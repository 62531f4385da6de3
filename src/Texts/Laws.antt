-- ===== src/Texts/Laws.antt =====
-- The texts that libuv writes: reading them gives them, with any buffer that is large enough.
use libuv_rs.Common.{
  ℕ, suc, ◌+◌, ◌<◌, ◌≤◌, ◌≡◌, refl, ◌∙◌, sym, true, false, List, [], ◌∷◌, ◌++◌, length, length-snoc,
  take-snoc, ltb, if◌then◌else◌, inl, inr, Bool-cases, arith,
}
use libuv_rs.Common.Int.{pos, is_neg}
use libuv_rs.Common.Table.{is_distinct}
use libuv_rs.Error.{Error, UvErrno, constants}
use libuv_rs.Error.RoundTrip.{from_inner-value}
use libuv_rs.Memory.Effect.{Env, World, uv, done, fails}
use libuv_rs.Buf.Storage.{isize_max}
use libuv_rs.Texts.{TextCall, UvText, text_of, read_text, sized_text}

-- What libuv documents: a buffer that is longer than the text gets it with a zero byte and its
-- length, any other the code UV_ENOBUFS and the size that is needed; the codes are distinct and
-- that one is negative.
pub record HasText (env : Env) (libuv : UvText) (c : TextCall) (text : List ℕ) : Type 0 where
  pub enough :
      (w : World) (size : ℕ)
      → length text < size
      → libuv.uv_text w c size ≡ (pos 0, length text, text ++ (0 ∷ []))
  pub short :
      (w : World) (size : ℕ)
      → size ≤ length text
      → ((libuv.uv_text w c size).0 ≡ env.errno UvErrno.enobufs)
        × ((libuv.uv_text w c size).1 ≡ length text + 1)
  pub codes_distinct : is_distinct env.errno constants ≡ true
  pub enobufs_negative : is_neg (env.errno UvErrno.enobufs) ≡ true

pub text_of-terminated :
    (capacity : ℕ) (text : List ℕ) (w : World)
    → length text < capacity
    → text_of capacity (length text) (text ++ (0 ∷ [])) w ≡ done text w
unfolding text_of
text_of-terminated capacity text w fits =
    rw
      (
        ltb_false capacity (length text + 1) (omega arith),
        length-snoc text 0,
        ltb_false (suc (length text)) (length text + 1) (omega arith),
        take-snoc text 0,
      )
      refl
  where
    ltb_false : (a b : ℕ) → b ≤ a → ltb a b ≡ false
    ltb_false a b h = ground arith

module _ (env : Env) (libuv : UvText) (c : TextCall) (text : List ℕ)
    (has : HasText env libuv c text) (w : World) (size : ℕ) (small : size ≤ isize_max) where
  in_range : ltb isize_max size ≡ false
  in_range = ground arith

  pub read_text-done : length text < size → read_text env libuv c size w ≡ done text w
  unfolding read_text
  read_text-done fits = rw (in_range, has.enough w size fits) (text_of-terminated size text w fits)

  pub read_text-short :
      size ≤ length text → read_text env libuv c size w ≡ fails (uv Error.enobufs) w
  unfolding read_text
  read_text-short short =
      rw
        (
          in_range,
          (has.short w size short).0,
          has.enobufs_negative,
          from_inner-value env.errno has.codes_distinct UvErrno.enobufs,
        )
        refl

  pub read_text_lem :
      read_text env libuv c size w
      ≡ (if ltb (length text) size then done text w else fails (uv Error.enobufs) w)
  read_text_lem = elim (Bool-cases (ltb (length text) size)) [
    | inl fits ↦ rw fits (read_text-done (ground arith))
    | inr short ↦ rw short (read_text-short (ground arith))
  ]

module _ (env : Env) (libuv : UvText) (c : TextCall) (text : List ℕ)
    (has : HasText env libuv c text) (w : World) (small : length text < isize_max) where
  pub sized_text-done : sized_text env libuv c w ≡ done text w
  unfolding sized_text
  sized_text-done =
      rw
        (
          (has.short w 0 (omega arith)).0,
          (has.short w 0 (omega arith)).1,
          has.enobufs_negative,
          from_inner-value env.errno has.codes_distinct UvErrno.enobufs,
        )
        (read_text-done env libuv c text has w (length text + 1) (omega arith) (omega arith))

  -- getpath, which asks libuv for the size first, agrees with a single call with a buffer of any
  -- size that the text and its zero byte fit into, up to isize::MAX, if libuv answers short
  -- buffers with ENOBUFS and the size it needs and others with the text.
  pub sized_text-read_text :
      (size : ℕ)
      → size ≤ isize_max
      → length text < size
      → sized_text env libuv c w ≡ read_text env libuv c size w
  sized_text-read_text size in_range fits =
      sized_text-done ∙ sym (read_text-done env libuv c text has w size in_range fits)
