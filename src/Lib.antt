-- ===== src/Lib.antt =====
-- The agent of lala-search, a self-hosted search engine (lala-agent, in Rust): its authentication,
-- its crawler's queue and stages, its tenants with their domains, pages and undo history, and the
-- handlers that use them, modelled from the sources as functions on the contents of the database.
--
-- The agent is an HTTP server over PostgreSQL. `services/auth_db.rs` holds the queries of the
-- accounts, `services/auth.rs` the flows that are built of them (magic links, sessions, invitations,
-- members), and `models/auth.rs` the data and the pure decisions. `services/db.rs` holds what
-- belongs to a tenant: the crawl queue, the settings, the domains that may be crawled, the pages and
-- the history of actions, which can be undone and redone. `services/queue_processor.rs` takes one
-- entry after another from the queue, crawls it, stores and indexes the page, queues the links that
-- it found, and puts the entry back if that failed. `app.rs` finds out for each request who asks and
-- for which tenant, and runs the handlers on that tenant's part of the database.
--
--   Prelude        tests on numbers, text as code points, a table as the list of its rows, signed
--                  integers (`i32`, `i64`) and their decimal texts
--   Models         lala-agent/src/models: Models.Auth is auth.rs (roles, users, sessions, tokens);
--                  Models.Throttle is the throttle of the letters to one address, with the row that
--                  `consume_magic_link_send_attempt` computes; Models.Crawl and Models.Pages are of
--                  db.rs and storage.rs, Models.History of action_history.rs, Models.Search of
--                  search.rs
--   World          the database, the outbox and the environment, and the monad of the methods
--   AuthDb         lala-agent/src/services/auth_db.rs, a function for each query
--   AuthService    lala-agent/src/services/auth.rs, a function for each method; a method that is
--                  long is cut in two where a check or a lookup ends (`redeem`, `enter`, `join`,
--                  `enroll`, `remove_target`), and the parts are composed as the source runs them
--   Crawl          Crawl.Queue: the queue, the error log and the settings of
--                  lala-agent/src/services/db.rs; Crawl.Process: `process_next_entry` and
--                  `handle_crawl_failure` of lala-agent/src/services/queue_processor.rs; Crawl.Robots,
--                  Crawl.Links and Crawl.Stages: the robots directives, the links and the stages of
--                  `process_crawl_entry` in that file; Crawl.Web: what they use of other code
--   Site           the rest of lala-agent/src/services/db.rs: Site.Tenants, Site.Domains, Site.Pages,
--                  Site.Capacity, Site.History, and Site.Rollback with `rollback_action`
--   Http           lala-agent/src/app.rs: Http.Access, the extractors and the permission of changes;
--                  Http.Queueing, Http.Settings and Http.Undo, a function for each handler
--   Tests          a small organization, a site with pages and links, requests, and the theorems
--                  at work on them
--
-- A method is an action of `World.M`: it gets the world and returns a result and the world after
-- it. What it wrote before it failed stays written, as each query of the source is a transaction
-- of its own. A query may fail at any step (`query_fails`), and so may a letter (`mail_fails`);
-- the theorems hold whichever fail unless they say that the database answers. The digest of
-- tokens, the random tokens, the identifiers and the clock are the environment's; a theorem that
-- needs a fresh identifier says so, and nothing else is assumed of them. An `unwrap` or `expect`
-- that fails is the failure `panicked`; a handler fails with `status` and the number of the answer.
--
-- Times are nanoseconds and identifiers are numbers. The columns of the database hold
-- microseconds and round what is stored; here they keep it as it is. The counters of the
-- throttle (`i32`) are numbers: a row's counters are bounded by the configured limits, which are
-- `i32`, so no addition of the source overflows. The priority of a queue's entry (`i32`) is held
-- as the number that is larger by 2 ^ 31 and wraps around at 2 ^ 32. The capacity of the index
-- is an integer that an `i64` holds. `process_next_entry` is given the stages of a crawl, of
-- which `Crawl.Stages.process_crawl_entry` is one, and a theorem says what it asks of them. No
-- function needs fuel: a loop runs over a list, and the endless loop of the queue processor is
-- taken call by call.
--
-- A query that asks for one row takes the first that matches, and a list of rows comes in the
-- table's order, which the source leaves open; where the source orders the rows, those that tie
-- stay in the table's order. Keys of the tables are checked where a statement inserts: a
-- duplicate key or a missing reference makes it fail. Concurrent requests run one after another
-- here, and a transaction as a whole. The snapshots of the history, which are JSON objects in
-- the source, are lists of fields with texts or null.
--
-- Parameters are the crates that parse URLs, HTML and UUIDs and compute MD5 digests, the fetch of a
-- page (`crawl_url`), `extract_title`, the search server and the storage, which fail at some steps.
--
-- Not modelled: reading the configuration from the environment, log lines, the text of letters and
-- of the HTTP answers; the routes of lala-agent/src/routes/auth.rs and the session middleware; the
-- fetching of pages, the cache of robots.txt and `extract_title`; the search queries, the handlers
-- of the version, the search and the recent pages; what the storage's bucket holds; and the front
-- end.
pub mod Prelude
pub mod Models
pub mod World
pub mod AuthDb
pub mod AuthService
pub mod Crawl
pub mod Site
pub mod Http
pub mod Tests
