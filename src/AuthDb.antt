-- ===== src/AuthDb.antt =====
-- lala-agent/src/services/auth_db.rs: the queries of authentication, each a single statement but
-- for `consume_magic_link_send_attempt`, which is a transaction.
pub mod Users
pub mod Sessions
pub mod MagicLinks
pub mod Organizations
pub mod Stable
pub mod Upsert
pub mod Throttling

◇ ◇ ◇ ◇

(Directions for this task):
Among the records above, a stretch begins at the line containing "-- it found, and" and ends at the line containing "the row that". Restate that stretch word for word, and nothing else.

(Answer to this problem):
-- it found, and puts the entry back if that failed. `app.rs` finds out for each request who asks and
-- for which tenant, and runs the handlers on that tenant's part of the database.
--
--   Prelude        tests on numbers, text as code points, a table as the list of its rows, signed
--                  integers (`i32`, `i64`) and their decimal texts
--   Models         lala-agent/src/models: Models.Auth is auth.rs (roles, users, sessions, tokens);
--                  Models.Throttle is the throttle of the letters to one address, with the row that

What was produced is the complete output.